Define a function to read the data from a file, if present, or extract it from the web if not.

load_station_list <- function(data_dir = 'data', data_file = 'stations.csv') {
  # Get list of stations. Use a cached data file, if present.
  data_file <- file.path(data_dir, data_file)
  if (file.exists(data_file)) {
    stations <- read_csv(data_file)
  } else {
    stations <- get_station_list()
    dir.create(data_dir, showWarnings = FALSE)
    write.csv(stations, data_file, row.names = FALSE)
  }
  return(stations)
}

Examine the station list

We can compare the number of rows with the number of stations listed on the web page (193 as of June 2019). Compare the number of Basin and Long-term stations with the numbers listed (126 and 67, respectively, as of June 2019).

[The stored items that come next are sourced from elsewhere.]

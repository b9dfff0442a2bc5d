-- ===== src/Guest/Laws/Invariant.antt =====
-- The invariant of the guest through everything that `guest_exc_try` does.
use prephv.Base.{
  ℕ, ◌^◌, ◌<◌, ltb, if-cases, ◌-◌, ◌≡◌, refl, arith, Run, done, ◌>>=◌, Option, none, some, u32,
  ◌==◌, if◌then◌else◌, IfDone, IfDone->>=, IfDone-const, Bool-cases, inl, inr, length-set, set, leb,
  ◌!=◌, bit_and, ◌||◌,
}
use prephv.Guest.State.{Guest, the_guest, ir_bit, dr_bit}
use prephv.Guest.Vm.{Vm, guest_update_msr}
use prephv.Guest.Memory.{load32}
use prephv.Guest.Decode.{
  Insn, mfsr, mfmsr, mtmsr, mtspr, mfspr, rfi, op31, unknown, decode, spr_field,
}
use prephv.Guest.Spr.{Spr, srr0, bat, sprg, mtspr_switch, spr_of, write_bat, sdr1, logged}
use prephv.Guest.Emulate.{do_mfsr, do_mfmsr, do_mtmsr, do_mtspr, do_mfspr, do_rfi, do_op31}
use prephv.Guest.Trap.{emulate, try_segment, try_other, after_segment, guest_exc_try}
use prephv.Guest.Laws.Registers.{HasArrays, logged_done}
use prephv.Guest.Laws.Width.{InWidth, set-IsWords}
use prephv.Guest.Laws.Msr.{IsConsistent, guest_update_msr_lem}
use prephv.Mmu.Slb.{SlbUnit, Err, err_none, err_unsupported, mmu_guest_fault_seg}
use prephv.Mmu.Address.{layout_vm_end}
use prephv.Ppc.{msr_sf, msr_pr, exc_dseg, exc_iseg, exc_prog, exc_hea, exc_sc}

-- The arrays of the guest have their lengths, IR and DR agree, and its registers hold 32 bits.
pub record IsValid (g : Guest) : Type 0 where
  pub arrays : HasArrays g
  pub consistent : IsConsistent g.msr
  pub width : InWidth g

abbrev pub GuestOk : Option Guest → Type 0
GuestOk none = ⊥
GuestOk (some g) = IsValid g

pub some_guest : (o : Option Guest) → GuestOk o → (g : Guest) × (o ≡ some g) × IsValid g
some_guest none h = absurd h
some_guest (some g) h = (g, refl, h)

module _ (hw : SlbUnit) where
  pub update-IsValid :
      (new : ℕ) (g : Guest) (s : hw.Slb)
      → IsValid g
      → IfDone (λ r. IsValid r.0) (guest_update_msr hw new (some g) s)
  update-IsValid new g s v =
      rw (guest_update_msr_lem hw new g s v.consistent)
        (elim (Bool-cases (ir_bit (u32 new) == dr_bit (u32 new))) [
          | inl same ↦ rw same (ground arith)
          | inr diff ↦ rw diff tt
        ])

  pub update-ram :
      (new : ℕ) (g : Guest) (s : hw.Slb)
      → IsValid g
      → IfDone (λ r. r.0.ram_size ≡ g.ram_size) (guest_update_msr hw new (some g) s)
  update-ram new g s v =
      rw (guest_update_msr_lem hw new g s v.consistent)
        (elim (Bool-cases (ir_bit (u32 new) == dr_bit (u32 new))) [
          | inl same ↦ rw same refl
          | inr diff ↦ rw diff tt
        ])

  write_bat-IsValid : (g : Guest) (i v : ℕ) → v < 2 ^ 32 → IsValid g → IsValid (write_bat g i v)
  unfolding write_bat
  write_bat-IsValid g i v lt ok =
      let ibats = set-IsWords g.ibat i v ok.width.ibat_fits lt in
      let dbats = set-IsWords g.dbat (i - 8) v ok.width.dbat_fits lt in
      if-cases IsValid (ltb i 8) (record g { ibat = set g.ibat i v })
        (record g { dbat = set g.dbat (i - 8) v }) (λ _. ground (arith, length-set g.ibat i v))
        (λ _. ground (arith, length-set g.dbat (i - 8) v))

  logged-IsValid : (g : Guest) → IsValid g → IfDone IsValid (logged g)
  logged-IsValid g ok = rw (logged_done g ok.consistent) ok

  mtspr-IsValid : (g : Guest) (s : Spr) (v : ℕ) → IsValid g → IfDone IsValid (mtspr_switch g s v)
  unfolding mtspr_switch
  mtspr-IsValid g srr0 v ok = ground arith
  mtspr-IsValid g (bat i) v ok = logged-IsValid _ (write_bat-IsValid g i (u32 v) (omega arith) ok)
  mtspr-IsValid g (sprg i) v ok =
      let sprgs = set-IsWords g.sprg i (u32 v) ok.width.sprg_fits (omega arith) in
      logged-IsValid (record g { sprg = set g.sprg i (u32 v) })
        (ground (arith, length-set g.sprg i (u32 v)))
  mtspr-IsValid g sdr1 v ok = logged-IsValid (record g { sdr1 = u32 v }) (ground arith)
  mtspr-IsValid g _ v ok = ground arith

-- `DevOk` is what is to hold of the parts that the client interface reaches.
module _ {D : Type 0} (hw : SlbUnit) (DevOk : D → Type 0) where
  abbrev pub VmOk : Vm hw D → Type 0
  VmOk vm = GuestOk vm.guest × DevOk vm.dev

  -- What every step leaves behind.
  abbrev pub ResultOk : Err × Vm hw D → Type 0
  ResultOk r = VmOk r.1

  module _ (g : Guest) (vm : Vm hw D) (is : vm.guest ≡ some g) (ok : IsValid g)
      (dev : DevOk vm.dev) where
    mtmsr-VmOk : (i : ℕ) → IfDone VmOk (do_mtmsr hw i vm)
    unfolding do_mtmsr
    mtmsr-VmOk i =
        rw is (
          IfDone->>= (λ r. IsValid r.0) VmOk _ _ (update-IsValid hw _ g vm.slb ok)
            (λ r v. (v, dev)))

    mtspr-VmOk : (i : ℕ) → IfDone VmOk (do_mtspr hw i vm)
    unfolding do_mtspr the_guest
    mtspr-VmOk i = rw is (
        IfDone->>= IsValid VmOk _ _ (mtspr-IsValid hw g (spr_of (spr_field i)) _ ok)
          (λ r v. (v, dev)))

    rfi-VmOk : IfDone VmOk (do_rfi hw vm)
    unfolding do_rfi the_guest
    rfi-VmOk = rw is (
        IfDone->>= (λ r. IsValid r.0) VmOk _ _ (update-IsValid hw g.srr1 g vm.slb ok)
          (λ r v. (v, dev)))

    emulate-VmOk : (insn : Insn) (i : ℕ) → IfDone ResultOk (emulate hw insn i vm)
    unfolding emulate do_mfsr do_mfmsr do_mfspr do_op31 the_guest
    emulate-VmOk mfsr i = rw is (ok, dev)
    emulate-VmOk mfmsr i = rw is (ok, dev)
    emulate-VmOk mtmsr i = IfDone->>= VmOk ResultOk _ _ (mtmsr-VmOk i) (λ r v. v)
    emulate-VmOk mtspr i = IfDone->>= VmOk ResultOk _ _ (mtspr-VmOk i) (λ r v. v)
    emulate-VmOk mfspr i = rw is (ok, dev)
    emulate-VmOk rfi i = IfDone->>= VmOk ResultOk _ _ rfi-VmOk (λ r v. v)
    emulate-VmOk op31 i = rw is (ok, dev)
    emulate-VmOk unknown i = rw is (ok, dev)

  segment-VmOk : (ea : ℕ) (vm : Vm hw D) → VmOk vm → IfDone ResultOk (try_segment hw ea vm)
  unfolding try_segment
  segment-VmOk ea vm ok =
      let fault = mmu_guest_fault_seg hw vm.guest ea vm.slb in
      IfDone->>= (λ _. VmOk vm) ResultOk fault (λ r. done (r.0, record vm { slb = r.1 }))
        (IfDone-const fault ok) (λ r v. v)

  module _ (rom_call : Vm hw D → Run (Err × Vm hw D)) (dar : ℕ)
      (rom_ok : (vm : Vm hw D) → VmOk vm → IfDone ResultOk (rom_call vm)) where
    trap-VmOk :
        (vm : Vm hw D)
        → VmOk vm
        → IfDone ResultOk (
            if vm.frame.vec == exc_prog || vm.frame.vec == exc_hea
            then emulate hw
                (decode (load32 vm.mem vm.frame.hsrr0))
                (load32 vm.mem vm.frame.hsrr0)
                vm
            else if vm.frame.vec == exc_sc
            then rom_call vm
            else done (err_unsupported, vm))
    trap-VmOk vm ok = elim (Bool-cases (vm.frame.vec == exc_prog || vm.frame.vec == exc_hea)) [
      | inl e ↦ rw e (
          let (g, is, v) = some_guest vm.guest ok.0 in
          emulate-VmOk g vm is v ok.1 (decode (load32 vm.mem vm.frame.hsrr0))
            (load32 vm.mem vm.frame.hsrr0))
      | inr e ↦ rw e (elim (Bool-cases (vm.frame.vec == exc_sc)) [
        | inl sc ↦ rw sc (rom_ok vm ok)
        | inr ns ↦ rw ns ok
      ])
    ]

    other-VmOk : (vm : Vm hw D) → VmOk vm → IfDone ResultOk (try_other hw rom_call dar vm)
    unfolding try_other
    other-VmOk vm ok = elim (Bool-cases (bit_and vm.frame.hsrr1 msr_sf != 0)) [
      | inl e ↦ rw e ok
      | inr e ↦ rw e (elim (Bool-cases (bit_and vm.frame.hsrr1 msr_pr == 0)) [
        | inl b ↦ rw b tt
        | inr b ↦ rw b (trap-VmOk vm ok)
      ])
    ]

    after-VmOk :
        (r : Err × Vm hw D) → ResultOk r → IfDone ResultOk (after_segment hw rom_call dar r)
    unfolding after_segment
    after-VmOk (err_none, vm) ok = ok
    after-VmOk (_, vm) ok = other-VmOk vm ok

    segment_then_other :
        (ea : ℕ) (vm : Vm hw D)
        → VmOk vm
        → IfDone ResultOk (
            if leb layout_vm_end ea
            then done (err_unsupported, vm)
            else try_segment hw ea vm >>= after_segment hw rom_call dar)
    segment_then_other ea vm ok = elim (Bool-cases (leb layout_vm_end ea)) [
      | inl e ↦ rw e ok
      | inr e ↦ rw e (
          IfDone->>= ResultOk ResultOk (try_segment hw ea vm) (after_segment hw rom_call dar)
            (segment-VmOk ea vm ok) after-VmOk)
    ]

    -- If the client interface keeps the guest's invariant and an invariant of its own state, so
    -- does every exception: from a guest that is there, whose registers are all 32-bit numbers,
    -- whose arrays have their lengths and whose IR and DR agree, and with that state as it should
    -- be, `guest_exc_try` ends, whenever neither BUG_ON nor FATAL stops it, with such a guest and
    -- such a state.
    pub guest_exc_try-VmOk :
        (vm : Vm hw D) → VmOk vm → IfDone ResultOk (guest_exc_try hw rom_call dar vm)
    unfolding guest_exc_try
    guest_exc_try-VmOk vm ok = elim (Bool-cases (vm.frame.vec == exc_dseg)) [
      | inl e ↦ rw e (segment_then_other dar vm ok)
      | inr e ↦ rw e (elim (Bool-cases (vm.frame.vec == exc_iseg)) [
        | inl i ↦ rw i (segment_then_other vm.frame.hsrr0 vm ok)
        | inr i ↦ rw i (other-VmOk vm ok)
      ])
    ]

stations <- suppressMessages(as_tibble(load_station_list()))
print(stations, n = 4)
## # A tibble: 193 x 4
##   station.ID station.name               type      url                      
##   <chr>      <chr>                      <chr>     <chr>                    
## 1 01A050     Nooksack R @ Brennan       Long-term ../station.asp?sta=01A050
## 2 01A120     Nooksack R @ No Cedarville Long-term ../station.asp?sta=01A120
## 3 01F070     SF Nooksack @ Potter Rd    Basin     ../station.asp?sta=01F070
## 4 01N060     Bertrand Cr @ Rathbone Rd  Basin     ../station.asp?sta=01N060
## # … with 189 more rows
table(stations$type)
## 
##     Basin Long-term 
##       126        67

Exercises

  1. This was a lot of work just to parse one web page. When would this technique be worth the effort? Describe a few scenarios.
  2. Find a way to extract the color-code key from the web page. This will allow us to avoid hard-coding this information into our script. The benefit is that a change in the class names of the table elements would not break our script. Web scraping is fragile in that a small change to a web page can completely break your ability to extact data. Why would this matter once you have obtained your data? Why would we care about future changes to the page?
  3. Find an alternate way to extract the station data from the station list web page using different CSS selectors, xpath expressions, or a different approach to combining the variables. Compare your results to the method provided using the identical() function or a similar method. Explain any mismatches.

Advanced Exercises

  1. Compare the station lists between those used in get_wa_wqi.Rmd and get_wa_wqi_alt.Rmd examples, where we read in two different datasets and plotted 2013 WA WQI on a state map. Merge the datasets from those examples with the station list of this example and use the table function to compare the numbers of stations of each type represented in those WQI datasets. Find the differences in the stations lists with the setdiff() function or similar. List the station names of those present in one dataset but missing from the other, and vice-versa, using the filter() function and the %in% operator or a similar approach. (Datasets are wa_wqi.csv and wa_wqi_alt.csv.)
  2. Write a function to read the station details for a specific station from the station URL we obtained from the station list. Use a looping method (either sapply, lapply, etc. or a for-loop, etc.) to get all station details from all stations and combine them into a single dataset. Write a function to load this from a file if present or from the web if not, as we did for the station list. Compare the station types from the station list with those reported in the individual station details pages to make sure they match.